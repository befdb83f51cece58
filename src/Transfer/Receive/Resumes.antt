-- ===== src/Transfer/Receive/Resumes.antt =====
-- crates/zyris-capkit/src/transfer/peer.rs: a transfer from its first step to its answer, from nothing
-- or from what an earlier call left.
use zyris_protocol.Prelude.{
  ℕ, ◌≤◌, ◌≡◌, refl, sym, ap, subst, ◌≢◌, ◌⊎◌, inl, inr, true, false, none, some, List, [], ◌∷◌,
  ◌++◌, arith, ==_refl, Bytes, text_eq_refl, length, length-append,
}
use zyris_protocol.Core.Blobs.Hydrated.{joined}
use zyris_protocol.Proto.Attach.{digest}
use zyris_protocol.Prelude.Named.{insert_name}
use zyris_protocol.Transfer.Disk.{Disk, exists, is_symlink, len}
use zyris_protocol.Transfer.Disk.Tidy.{IsTidy}
use zyris_protocol.Transfer.Undo.{Moves, create_dir}
use zyris_protocol.Transfer.Offer.{
  PullHead, offered, claimed, pulling, rereading, opening, Input, begin, resolves, answers, reads,
  opens, System, Config, temp, is_active,
}
use zyris_protocol.Transfer.Receive.{goes, look, answer, handle}
use zyris_protocol.Transfer.Receive.Calls.{set_stage, is_held, admit, step, run}
use zyris_protocol.Transfer.Receive.Sound.{Holding, Opening}
use zyris_protocol.Transfer.Receive.Handled.{GoodMove}
use zyris_protocol.Transfer.Receive.Placed.{handle-GoodMove}
use zyris_protocol.Transfer.Receive.Completes.{events, streamed, Delivers, Ready, handled, goes_to}
use zyris_protocol.Transfer.Receive.Reopened.{opens_up, rereads}

module _ (c : Config) (i : ℕ) where
  abbrev pub head : PullHead
  head = record { size = (c.offer i).size; sha256 = (c.offer i).sha256 }

  -- What an earlier call left of the bytes.
  unfoldable pub Left : Disk → Bytes → Type 0
  Left d leftover = ((leftover ≡ []) × (d.names (temp c i) ≡ none)) ⊎ Holding c i d leftover

  -- The inputs of a call that nothing goes wrong for, from the answer of pull on, and all.
  module _ (now : ℕ) (m : Moves) where
    unfoldable pub from_pull : Bytes → List Bytes → List Input
    from_pull [] chunks = answers (some head) ∷ opens true ∷ streamed now m chunks
    from_pull (b ∷ leftover) chunks =
        answers (some head) ∷ reads true ∷ opens true ∷ streamed now m chunks

    unfoldable pub script : Bytes → List Bytes → List Input
    unfolding from_pull
    script leftover chunks = begin ∷ resolves true ∷ from_pull leftover chunks

-- The peer has what it offered.
module _ (c : Config) (i : ℕ) (bytes : Bytes) (now : ℕ) (m : Moves) (apart : temp c i ≢ c.dest i)
    (sha : (c.offer i).sha256 ≡ digest c.hash bytes) (size : (c.offer i).size ≡ length bytes) where
  pulls :
      (s : System) (leftover : Bytes) (chunks : List Bytes)
      → IsTidy s.disk
      → s.stage i ≡ pulling (length leftover)
      → Ready c i s.disk
      → s.disk.dirs (temp c i).parent ≡ true
      → Left c i s.disk leftover
      → leftover ++ joined chunks ≡ bytes
      → Delivers c i bytes (run c s (events i (from_pull c i now m leftover chunks)))
  unfolding from_pull handle is_active answer goes Left
  pulls s [] chunks t at ready dir left whole =
      goes_to c i bytes s (answers (some (head c i))) (opens true ∷ streamed now m chunks)
        (pulling 0) (goes c i s.disk s.seq s.audit s.disk (opening 0 []))
        (λ d. IsTidy d × Ready c i d × Opening c i d 0 []) (λ e. ground arith) at refl
        (ground (arith, text_eq_refl (c.offer i).sha256, ==_refl (c.offer i).size))
        (t, ready, (dir, inl (refl, refl)))
        (λ u at' (tidy, fine, kept).
          opens_up c i bytes now m apart sha size u 0 [] chunks tidy at' fine kept whole)
  pulls s (b ∷ l) chunks t at ready dir (inl (none_left, free)) whole = absurd (ground arith)
  pulls s (b ∷ l) chunks t at ready dir (inr held) whole =
      goes_to c i bytes s (answers (some (head c i)))
        (reads true ∷ opens true ∷ streamed now m chunks) (pulling (length (b ∷ l)))
        (goes c i s.disk s.seq s.audit s.disk (rereading (length (b ∷ l))))
        (λ d. IsTidy d × Ready c i d × (d.dirs (temp c i).parent ≡ true) × Holding c i d (b ∷ l))
        (λ e. ground arith) at refl
        (ground (arith, text_eq_refl (c.offer i).sha256, ==_refl (c.offer i).size))
        (t, ready, dir, held)
        (λ u at' (tidy, fine, dir', held').
          rereads c i bytes now m apart sha size u (b ∷ l) chunks tidy at' fine dir' held' whole)

  len-Left :
      (d : Disk) (leftover : Bytes) → Left c i d leftover → len d (temp c i) ≡ length leftover
  unfolding Left len
  len-Left d leftover (inl (none_left, free)) = ground arith
  len-Left d leftover (inr (n, leads, same)) = ground arith

  -- The look at the partial file finds what is left.
  looks :
      (s : System) (leftover : Bytes) (chunks : List Bytes)
      → IsTidy s.disk
      → s.stage i ≡ claimed
      → Ready c i s.disk
      → Left c i s.disk leftover
      → leftover ++ joined chunks ≡ bytes
      → Delivers c i bytes
          (run c s (events i (resolves true ∷ from_pull c i now m leftover chunks)))
  unfolding handle is_active look goes create_dir Ready exists is_symlink Left
  looks s leftover chunks t at ready left whole =
      let g =
        subst (GoodMove c i s.disk) made
          (handle-GoodMove c i s.disk s.seq s.audit t apart claimed (resolves true) tt) in
      goes_to c i bytes s (resolves true) (from_pull c i now m leftover chunks) claimed
        (goes c i s.disk s.seq s.audit (create_dir s.disk (c.dest i).parent)
          (pulling (length leftover)))
        (λ d. IsTidy d × Ready c i d × (d.dirs (temp c i).parent ≡ true) × Left c i d leftover)
        (λ e. ground arith) at refl made (g.tidy, ready, g.part.0, left)
        (λ u at' (tidy, fine, dir, left'). pulls u leftover chunks tidy at' fine dir left' whole)
    where
      made :
          handled c i s claimed (resolves true)
          ≡ goes c i s.disk s.seq s.audit
              (create_dir s.disk (c.dest i).parent)
              (pulling (length leftover))
      made = ground (
        arith,
        ready.0,
        ready.1,
        len-Left s.disk leftover left,
        length-append leftover (joined chunks),
        ap length whole,
        size,
      )

  -- A call whose transfer nobody else receives, of a file that is not too large and whose destination
  -- is free or may be replaced, and whose peer sends what it offered, from where an earlier call
  -- stopped: it answers that it is done, and the destination holds exactly the bytes that were
  -- offered, whatever becomes of the stash and wherever the other calls are.
  pub run-script :
      (s : System) (leftover : Bytes) (chunks : List Bytes)
      → IsTidy s.disk
      → s.stage i ≡ offered
      → is_held s.in_flight (c.offer i).transfer_id ≡ false
      → length bytes ≤ c.max_file_bytes
      → c.has_peer ≡ true
      → Ready c i s.disk
      → Left c i s.disk leftover
      → leftover ++ joined chunks ≡ bytes
      → Delivers c i bytes (run c s (events i (script c i now m leftover chunks)))
  unfolding script run events step admit set_stage
  run-script s leftover chunks t at free small peer ready left whole =
      subst
        (λ u.
          Delivers c i bytes
            (run c u (events i (resolves true ∷ from_pull c i now m leftover chunks))))
        (sym admitted) (looks taken leftover chunks t (claimed_now) ready left whole)
    where
      taken : System
      taken = record s {
        in_flight = insert_name s.in_flight (c.offer i).transfer_id tt;
        stage = set_stage s.stage i claimed;
      }

      claimed_now : taken.stage i ≡ claimed
      claimed_now = rw (==_refl i)

      admitted : step c s i begin ≡ taken
      admitted = ground (arith, small, size)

§ EXERCISE BRIEF: Copy out each line of the material in which the word "begin" turns up.

§ FINISHED EXERCISE:
  PullHead, offered, claimed, pulling, rereading, opening, Input, begin, resolves, answers, reads,
    script leftover chunks = begin ∷ resolves true ∷ from_pull leftover chunks
      admitted : step c s i begin ≡ taken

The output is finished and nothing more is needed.